Federal agents continue to investigate the home of the Austin Bomber suspect in Pflugerville, Texas, on March 22.

AUSTIN, Texas >> Mark A. Conditt, who terrorized Austin for nearly three weeks with a series of deadly bombings, left behind evidence of potential future targets before he killed himself Wednesday, a law enforcement official said today.

Officials were examining these future targets as part of the investigation.

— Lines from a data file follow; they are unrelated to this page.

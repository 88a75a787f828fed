-- ===== src/Members/Tests.antt =====
-- Tests of the operations on members, and instances of the theorems.
use hoglet.Members.Removal.{Revoked, remove_member-Revoked}
use hoglet.Members.Policy.{Permitted, update_member_role-Permitted}
use hoglet.Members.Owners.{Keeps}
use hoglet.Members.Rows.{IsKeyed}
use hoglet.Members.{
  Role, Principal, Membership, Database, owner, admin, member, session, access, conflict, forbidden,
  last_owner, update_member_role, remove_member,
}
use hoglet.Members.Reach.{Reach, here, then_step, role_set, removed, Reach-Keeps}
use hoglet.Prelude.Int.{pos}
use hoglet.Prelude.{String, ◌≡◌, refl, [], ◌∷◌, ok, err}

abbrev row : String → Role → Membership
row user role = record { organization_id = "o1"; user_id = user; role = role; joined_at = pos 0 }

abbrev start : Database
start = record {
  organization_members = row "ann" owner ∷ row "bob" admin ∷ row "cy" member ∷ [];
  users = [];
  organization_invites = [];
  auth_sessions = "ann" ∷ "cy" ∷ "cy" ∷ [];
  personal_api_keys = "cy" ∷ [];
}

abbrev ann : Principal
ann = record { user_id = "ann"; authentication = session }

abbrev bob : Principal
bob = record { user_id = "bob"; authentication = session }

-- The only owner cannot step down.
ann_stays : (update_member_role start ann "o1" "ann" member).1 ≡ err (conflict last_owner)
unfolding update_member_role
ann_stays = refl

admin_makes_no_owner : (update_member_role start bob "o1" "cy" owner).1 ≡ err (access forbidden)
unfolding update_member_role
admin_makes_no_owner = refl

cy_promoted : (update_member_role start bob "o1" "cy" admin).1 ≡ ok tt
unfolding update_member_role
cy_promoted = refl

cy_removed : (remove_member start bob "o1" "cy").1 ≡ ok tt
unfolding remove_member
cy_removed = refl

start-IsKeyed : IsKeyed start.organization_members
start-IsKeyed = (refl, (refl, (refl, tt)))

two_steps :
    Reach start (remove_member (update_member_role start ann "o1" "bob" owner).0 bob "o1" "ann").0
two_steps =
    then_step (then_step here (role_set start ann "o1" "bob" owner))
      (removed (update_member_role start ann "o1" "bob" owner).0 bob "o1" "ann")

Reach-Keeps_example :
    Keeps start.organization_members
      (remove_member
        (update_member_role start ann "o1" "bob" owner).0
        bob
        "o1"
        "ann").0.organization_members
Reach-Keeps_example = Reach-Keeps two_steps start-IsKeyed

update_member_role-Permitted_example :
    Permitted start (update_member_role start bob "o1" "cy" admin).0 bob "o1" "cy" admin
update_member_role-Permitted_example =
    update_member_role-Permitted start bob "o1" "cy" admin cy_promoted

remove_member-Revoked_example : Revoked (remove_member start bob "o1" "cy").0 bob "o1" "cy"
remove_member-Revoked_example = remove_member-Revoked start bob "o1" "cy" cy_removed
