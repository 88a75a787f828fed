-- ===== src/Projections.antt =====
-- src/projections.rs: persons, their distinct ids and groups, as the publisher derives them from events.
-- A table of the database is a map from its primary key. Texts of times are made by `TimeFormat`. A
-- statement that breaks a primary key fails; other failures of SQLite are left out, and so is the
-- catalog, which the source applies separately.
pub mod Store
pub mod Views
pub mod Properties
pub mod Merge
pub mod Identity
mod Tests
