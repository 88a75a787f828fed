-- ===== src/Projections/Merge.antt =====
-- src/projections.rs: `merge_persons`.
pub mod Folded
pub mod Outcome
pub mod Joins
use hoglet.Prelude.{
  String, true, Option, none, some, if◌then◌else◌, ◌==◌, nat_eq, string_eq, Result, ok, ◌>>=◌, ◌>>◌,
  list_eq,
}
use hoglet.Prelude.Int.{ℤ}
use hoglet.Prelude.Map.{Map, lookup, insert, remove, has_key, pair_eq}
use hoglet.Prelude.Text.{is_blank, text_ltb}
use hoglet.Json.{Value, Object, Number, as_str, as_object, as_array}
use hoglet.Event.{CapturedEvent}
use hoglet.Projections.Store.{
  TimeFormat, ProjectionError, Person, Group, Tables, Key, resolve, person_of, update_person,
  repoint, delete_person, ensure_person, mark_identified, next_identity_seq, invalid_project_id,
  row_of,
}
use hoglet.Projections.Properties.{overlay}

pub data MergeGuard : Type 0 where
  refuse_identified_source refuse_both_identified always : MergeGuard

-- `max(last_seen)` of two rows, which ignores a null.
unfoldable pub later : Option String → Option String → Option String
later none b = b
later (some a) none = some a
later (some a) (some b) = if text_ltb a b then some b else some a

-- The winner's row after the merge. The older person keeps its key for flag bucketing.
unfoldable pub merged : Person → Person → Person
merged winner loser =
    let older = text_ltb loser.created_at winner.created_at in
    record {
      created_at = if older then loser.created_at else winner.created_at;
      is_identified = true;
      properties = overlay loser.properties winner.properties;
      first_seen_key = if older then loser.first_seen_key else winner.first_seen_key;
      last_seen = later winner.last_seen loser.last_seen;
    }

-- The statements that fold the person `loser` into the person `winner`.
unfoldable pub fold_into : Tables → String → String → Person → String → Person → Tables
fold_into t project_id winner winner_row loser loser_row =
    let (t', seq) = next_identity_seq t in
    delete_person
      (update_person (repoint t' project_id loser winner seq) project_id winner
        (λ _. merged winner_row loser_row))
      project_id loser

unfoldable pub fold_persons : Tables → String → String → String → Result Tables ProjectionError
fold_persons t project_id winner loser = do
  winner_row ← row_of t project_id winner
  loser_row ← row_of t project_id loser
  ok (fold_into t project_id winner winner_row loser loser_row)

-- The guard, where the loser is identified.
unfoldable pub guarded :
    Tables → String → String → String → MergeGuard → Result Tables ProjectionError
guarded t project_id winner loser refuse_identified_source = ok t
guarded t project_id winner loser refuse_both_identified = do
  winner_row ← row_of t project_id winner
  if winner_row.is_identified then ok t else fold_persons t project_id loser winner
guarded t project_id winner loser always = fold_persons t project_id winner loser

-- From the two persons on.
unfoldable pub merge_ids :
    Tables → String → String → String → MergeGuard → Result Tables ProjectionError
merge_ids t project_id winner loser guard = if winner == loser then ok t else (do
  loser_row ← row_of t project_id loser
  if loser_row.is_identified
      then guarded t project_id winner loser guard
      else fold_persons t project_id winner loser)

unfoldable pub merge_persons :
    TimeFormat → Tables → String → String → String → ℤ → MergeGuard → Result Tables ProjectionError
merge_persons time t project_id losing_distinct_id winning_distinct_id timestamp guard =
    ensure_person time t project_id winning_distinct_id timestamp >>= λ a.
    ensure_person time a.0 project_id losing_distinct_id timestamp >>= λ b.
    merge_ids b.0 project_id a.1 b.1 guard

The official declined to describe these targets in detail but said they were a mix of locations that had no common thread linking them.

On Friday, law enforcement officials said they were still evaluating evidence and leads from the public in an effort to build a timeline of the bomber’s activities. But they appeared to be learning little about Conditt’s motives.

“I think everybody is searching for answers,” said Mayor Steve Adler, who said authorities were focused on learning what had compelled Conditt to act and whether he had any accomplices.

Over three weeks, the authorities said, Conditt placed or mailed six explosive devices, triggering five explosions that killed two people, injured several more and left Austin feeling like a city under siege. Conditt’s activities came to a fiery end early Wednesday when, police said, he detonated another explosive device in the sport utility vehicle he was driving as law enforcement agents pursued him on Interstate 35.

In Austin today, a sense of relief and a slow return to normalcy was mixed with lingering unease over how Conditt had selected the recipients of the package bombs. Both men killed in the explosions, Anthony Stephan House, 39, and Draylen Mason, 17, were black, and some residents still wondered if Conditt had intentionally chosen African-American victims.

(Another bomb injured a Hispanic woman, and an additional bomb was placed in a largely white community.)

Police said a roughly 25-minute recording discovered on Conditt’s phone did not explain why he chose the addresses where he placed or intended to send his bombs. But it did provide a dark glimpse into Conditt’s mindset in the hours before his death.

“I wish I were sorry but I am not,” Conditt said on the recording, according to the Austin American-Statesman, which cited law enforcement sources familiar with his statements.

The Statesman reported that Conditt had called himself a “psychopath” and said he would blow himself up inside a busy McDonald’s if he thought law enforcement was drawing near.